It still however does not include other infrastructure areas like roads, ports, water supply projects, etc. Even these activities could have been covered, so that in case of infrastructure activities, all the persons concerned - builders and operators of the infrastructure facilities, investors, financers, etc. can get benefits under Income Tax Act.

     

Reliefs for infrastructure are widened

 

6. Infrastructure

6.1 Infrastructure Capital Funds & Companies [S.10(23G)]

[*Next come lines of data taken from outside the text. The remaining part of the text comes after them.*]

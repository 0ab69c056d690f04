-- ===== src/Fs.antt =====
-- The file system, fs.
pub mod Errno
pub mod Layout
mod Words
pub mod Bitmap
pub mod State
pub mod Block
pub mod Super
pub mod Inode
pub mod ReadWrite
pub mod Create
pub mod Dirent
pub mod Dir
pub mod File
pub mod Testfs
pub mod Mktestfs
mod Tests
mod FileTests
mod InodeTests
mod DirTests
mod RemoveTests
mod TestfsTests
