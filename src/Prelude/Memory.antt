-- ===== src/Prelude/Memory.antt =====
-- Memory areas and tables as functions from an index, with updates at one index.
use Prim.Native.Nat.{ℕ}
use mathlib.Core.Path.{◌≡◌}
use mathlib.Core.Logic.{◌≢◌}
use native.Mathlib.Omega.{arith}
use ece344_os.Prelude.Tests.{◌==◌, if◌then◌else◌}

module _ {ℓ} {A : Type ℓ} where
  abbrev pub upd : (ℕ → A) → ℕ → A → ℕ → A
  upd f i x j = if j == i then x else f j

  pub upd_self : (f : ℕ → A) (i : ℕ) (x : A) → upd f i x i ≡ x
  upd_self f i x = ground arith

  pub upd_ne : (f : ℕ → A) (i j : ℕ) (x : A) → j ≢ i → upd f i x j ≡ f j
  upd_ne f i j x h = ground arith
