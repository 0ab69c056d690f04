-- ===== src/Prelude/Faulting.antt =====
-- State passing with faults, for the file system and the thread library: an operation takes the
-- state and gives its result with the state it leaves, or `none` where the C program would stop.
-- `Op S` is an operation on states of the type `S`.
use mathlib.Core.Option.{Option, none, some}

abbrev pub Op : Type 0 → Type 0 → Type 0
Op S A = S → Option (A × S)

abbrev pub pure : {S A : Type 0} → A → Op S A
pure result before = some (result, before)

abbrev pub fault : {S A : Type 0} → Op S A
fault before = none

infixl 5 ◌>>=◌ ◌>>◌
abbrev pub ◌>>=◌ : {S A B : Type 0} → Op S A → (A → Op S B) → Op S B
◌>>=◌ first rest before = elim (first before) [
  | none ↦ none
  | some (result, after) ↦ rest result after
]

abbrev pub ◌>>◌ : {S B : Type 0} → Op S (Unit {0}) → Op S B → Op S B
◌>>◌ first rest before = elim (first before) [ none ↦ none | some (_, after) ↦ rest after ]

abbrev pub modify : {S : Type 0} → (S → S) → Op S (Unit {0})
modify change before = some (tt, change before)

For infrastructure, the finance minister had in the previous budget, announced tax concessions for infrastructure capital funds and companies (ICF). Any income by way of dividend, interest or long term capital gains earned by ICF is exempt from tax. ICFs, have to invest in an enterprise which is in the business of developing, maintaining and operating infrastructure facility. At present, infrastructure facility means a road, bridge, airport, railway system, water supply project, irrigation project, sanitation and sewerage system. Now the activities covered by infrastructure facility also mean generation or generation and distribution of power and telecommunication services.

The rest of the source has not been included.